Each of the error codes is turned into an exception specific to that error code, as outlined in the table below. If you are using the C API documentation then it is very easy to map the error return codes specified there to the name of the Python exception that will be raised. Simply refer to the table below.

Each exception derives from the DBError exception class so if you just want to catch generic errors you can use DBError to do it. Since DBNotFoundError is raised when a given key is not found in the database, DBNotFoundError also derives from the standard KeyError exception to help make a DB look and act like a dictionary. We do the same trick with DBKeyEmptyError.

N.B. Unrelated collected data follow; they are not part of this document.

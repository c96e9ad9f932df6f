-- ===== src/Ingestion/Amounts/Totals.antt =====
-- The amounts of a transaction by address (src/domain/ingestion.rs, the loops over the inputs and over
-- the outputs of a transaction) against sums over all of them.
use bitcoin_chain_graph.Common.{
  ℕ, ◌+◌, ◌%◌, ◌^◌, ◌≡◌, refl, sym, ap, ◌∙◌, inl, inr, List, [], ◌∷◌, Option, none, some, total,
  ite, Option-cases, arith,
}
use bitcoin_chain_graph.Common.Assoc.{lookup, lookup-insert}
use mathlib.Core.Logic.{if_pos, if_neg}
use bitcoin_chain_graph.Writer.Data.{Text}
use bitcoin_chain_graph.Utxo.Key.{UtxoKey}
use bitcoin_chain_graph.Utxo.Cache.{FoundMap, found_get}
use bitcoin_chain_graph.Ingestion.Amounts.{
  Text-discrete as dec, AmountMap, add_u32, add_u64, entry_or, tally, tally_address, spend_loop,
}

-- An amount with the address that it goes to or comes from.
abbrev pub Payment : Type 0
Payment = Option Text × ℕ

abbrev pub amount_of : Payment → ℕ
amount_of p = p.1

-- Whether a payment is one of the address, and its amount if it is.
abbrev pub counts_for : Text → Payment → ℕ
counts_for a (none, amount) = 0
counts_for a (some b, amount) = ite (dec a b) 1 0

abbrev pub amount_for : Text → Payment → ℕ
amount_for a (none, amount) = 0
amount_for a (some b, amount) = ite (dec a b) amount 0

-- The entry of an address is the sum over its payments, in `u32` and `u64`.
abbrev EntryIs : Text → AmountMap → ℕ → ℕ → Type 0
EntryIs a m n total = (entry_or (lookup dec a m) ≡ (n % 2 ^ 32, total % 2 ^ 64))

unfoldable tally_all : List Payment → AmountMap → AmountMap
unfolding tally_address
tally_all [] m = m
tally_all ((address, amount) ∷ payments) m = tally_all payments (tally_address address amount m)

tally-EntryIs :
    (a b : Text) (amount n sum : ℕ) (m : AmountMap)
    → EntryIs a m n sum
    → EntryIs a (tally b amount m) (n + ite (dec a b) 1 0) (sum + ite (dec a b) amount 0)
unfolding tally
tally-EntryIs a b amount n sum m h = elim (dec a b) [
  | yes same ↦
      let here : entry_or (lookup dec b m) ≡ (n % 2 ^ 32, sum % 2 ^ 64) =
        ap (λ x. entry_or (lookup dec x m)) (sym same) ∙ h in
      let n' : add_u32 (n % 2 ^ 32) 1 ≡ (n + 1) % 2 ^ 32 = omega arith in
      let sum' : add_u64 (sum % 2 ^ 64) amount ≡ (sum + amount) % 2 ^ 64 = omega arith in
      ap entry_or (lookup-insert dec b a _ m ∙ if_pos (dec a b) same _ _)
      ∙ ap (λ (e : ℕ × ℕ). (add_u32 e.0 1, add_u64 e.1 amount)) here
      ∙ (λ i. (n' i, sum' i))
      ∙ rw (if_pos {C = ℕ} (dec a b) same 1 0, if_pos {C = ℕ} (dec a b) same amount 0) refl
  | no other ↦
      let n' : n % 2 ^ 32 ≡ (n + 0) % 2 ^ 32 = omega arith in
      let sum' : sum % 2 ^ 64 ≡ (sum + 0) % 2 ^ 64 = omega arith in
      ap entry_or (lookup-insert dec b a _ m ∙ if_neg (dec a b) other _ _)
      ∙ h
      ∙ rw (if_neg {C = ℕ} (dec a b) other 1 0, if_neg {C = ℕ} (dec a b) other amount 0)
          (λ i. (n' i, sum' i))
]

tally_all-EntryIs :
    (a : Text) (payments : List Payment) (n sum : ℕ) (m : AmountMap)
    → EntryIs a m n sum
    → EntryIs a
        (tally_all payments m)
        (n + total (counts_for a) payments)
        (sum + total (amount_for a) payments)
unfolding tally_all
tally_all-EntryIs a [] n sum m h =
    let n' : n ≡ n + 0 = omega arith in
    let sum' : sum ≡ sum + 0 = omega arith in h ∙ λ i. (n' i % 2 ^ 32, sum' i % 2 ^ 64)
tally_all-EntryIs a ((none, amount) ∷ payments) n sum m h =
    let n' : n + total (counts_for a) payments ≡ n + (0 + total (counts_for a) payments) =
      omega arith in
    let sum' : sum + total (amount_for a) payments ≡ sum + (0 + total (amount_for a) payments) =
      omega arith in
    tally_all-EntryIs a payments n sum m h ∙ λ i. (n' i % 2 ^ 32, sum' i % 2 ^ 64)
tally_all-EntryIs a ((some b, amount) ∷ payments) n sum m h =
    let count = ite (dec a b) 1 0 in
    let more = ite (dec a b) amount 0 in
    let n' : (n + count) + total (counts_for a) payments
        ≡ n + (count + total (counts_for a) payments) =
      omega arith in
    let sum' : (sum + more) + total (amount_for a) payments
        ≡ sum + (more + total (amount_for a) payments) =
      omega arith in
    tally_all-EntryIs a payments (n + count) (sum + more) (tally b amount m)
      (tally-EntryIs a b amount n sum m h)
    ∙ λ i. (n' i % 2 ^ 32, sum' i % 2 ^ 64)

-- The payments of the keys whose outputs were found.
unfoldable pub payments_of : FoundMap → List UtxoKey → List Payment
payments_of found [] = []
payments_of found (key ∷ keys) = elim (found_get key found) [
  | none ↦ payments_of found keys
  | some output ↦ (output.address, output.amount) ∷ payments_of found keys
]

spend_loop-tally_all :
    (found : FoundMap) (keys : List UtxoKey) (sum : ℕ) (m : AmountMap)
    → spend_loop found keys (sum % 2 ^ 64, m) ≡ (
      (sum + total amount_of (payments_of found keys)) % 2 ^ 64,
      tally_all (payments_of found keys) m,
    )
unfolding spend_loop payments_of tally_all
spend_loop-tally_all found [] sum m =
    let sum' : sum % 2 ^ 64 ≡ (sum + 0) % 2 ^ 64 = omega arith in λ i. (sum' i, m)
spend_loop-tally_all found (key ∷ keys) sum m = elim (Option-cases (found_get key found)) [
  | inl none_ ↦ rw (none_, spend_loop, payments_of) (spend_loop-tally_all found keys sum m)
  | inr (o, got) ↦
      let sum' : add_u64 (sum % 2 ^ 64) o.amount ≡ (sum + o.amount) % 2 ^ 64 = omega arith in
      let m' = tally_address o.address o.amount m in
      let rest = total amount_of (payments_of found keys) in
      let all : (sum + o.amount) + rest ≡ sum + (o.amount + rest) = omega arith in
      rw (got, spend_loop, payments_of, tally_all)
        (ap (λ n. spend_loop found keys (n, m')) sum'
          ∙ spend_loop-tally_all found keys (sum + o.amount) m'
          ∙ λ i. (all i % 2 ^ 64, tally_all (payments_of found keys) m'))
]

-- The loop over the inputs of a transaction: its sum is the sum of the outputs found for its keys, in
-- `u64`, and for every address the entry has the number of these outputs that are of the address, in
-- `u32`, and their amount, in `u64`.
pub spend_loop-total :
    (found : FoundMap) (keys : List UtxoKey) (address : Text)
    → let (sum, m) = spend_loop found keys (0, []) in
      let payments = payments_of found keys in
      (sum ≡ total amount_of payments % 2 ^ 64)
      × (entry_or (lookup dec address m) ≡ (
        total (counts_for address) payments % 2 ^ 32,
        total (amount_for address) payments % 2 ^ 64,
      ))
unfolding lookup
spend_loop-total found keys address =
    let payments = payments_of found keys in
    let both = spend_loop-tally_all found keys 0 [] in
    let sum' : (0 + total amount_of payments) % 2 ^ 64 ≡ total amount_of payments % 2 ^ 64 =
      omega arith in
    let n' : 0 + total (counts_for address) payments ≡ total (counts_for address) payments =
      omega arith in
    let t' : 0 + total (amount_for address) payments ≡ total (amount_for address) payments =
      omega arith in
    (
      ap (λ (r : ℕ × AmountMap). r.0) both ∙ sum',
      ap (λ (r : ℕ × AmountMap). entry_or (lookup dec address r.1)) both
          ∙ tally_all-EntryIs address payments 0 0 [] refl
          ∙ λ i. (n' i % 2 ^ 32, t' i % 2 ^ 64),
    )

When any of these exceptions is raised, the associated value is a tuple containing an integer representing the error code and a string for the error message itself.

DBError

Base class, all others derive from this

DBCursorClosedError

When trying to use a closed cursor

DBForeignConflictError

DB_FOREIGN_CONFLICT

DBKeyEmptyError

DB_KEYEMPTY (also derives from KeyError)

DBKeyExistError

DB_KEYEXIST

DBLockDeadlockError

DB_LOCK_DEADLOCK

DBLockNotGrantedError

DB_LOCK_NOTGRANTED

DBNotFoundError

DB_NOTFOUND (also derives from KeyError)

DBOldVersionError

DB_OLD_VERSION

DBPageNotFoundError

DB_PAGE_NOTFOUND

DBRepHandleDeadError

DB_REP_HANDLE_DEAD

DBRepLeaseExpiredError

DB_REP_LEASE_EXPIRED

DBRepLockoutError

DB_REP_LOCKOUT

DBRepUnavailError

DB_REP_UNAVAIL

DBRunRecoveryError

DB_RUNRECOVERY

DBSecondaryBadError

DB_SECONDARY_BAD

DBVerifyBadError

DB_VERIFY_BAD

DBNoServerError

DB_NOSERVER

DBNoServerHomeError

DB_NOSERVER_HOME

DBNoServerIDError

DB_NOSERVER_ID

DBInvalidArgError

EINVAL

DBAccessError

EACCES

DBNoSpaceError

ENOSPC

DBNoMemoryError

DB_BUFFER_SMALL

DBAgainError

EAGAIN

DBBusyError

EBUSY

DBFileExistsError

EEXIST

DBNoSuchFileError

ENOENT

DBPermissionsError

EPERM

DBNotSupportedError

ENOTSUP

Other Package Modules

  • dbshelve.py: This is an implementation of the standard Python shelve concept for storing objects that uses berkeleydb specifically, and also exposes some of the more advanced methods and capabilities of the underlying DB.

  • dbtables.py: This is a module by Gregory Smith that implements a simplistic table structure on top of a DB.

  • dbutils.py: A catch-all for python code that is generally useful when working with DB’s

  • dbobj.py: Contains subclassable versions of DB and DBEnv.

  • dbrecio.py: Contains the DBRecIO class that can be used to do partial reads and writes from a DB record using a file-like interface. Contributed by Itamar Shtull-Trauring.

Testing

A full unit test suite is being developed to exercise the various object types, their methods and the various usage modes described in the introduction. PyUnit is used and the tests are structured such that they can be run unattended and automated. There are currently 482 test cases! (March 2010)

Reference

See the C language API online documentation on Oracle’s website for more details of the functionality of each of these methods. The names of all the Python methods should be the same or similar to the names in the C API.

Oracle Berkeley DB is very powerful and versatile, but it is complex to use correctly. Oracle documentation is very complete. Please, review it.

NOTE: All the methods shown below having more than one keyword argument are actually implemented using keyword argument parsing, so you can use keywords to provide optional parameters as desired. Those that have only a single optional argument are implemented without keyword parsing to help keep the implementation simple. If this is too confusing let me know and I’ll think about using keywords for everything.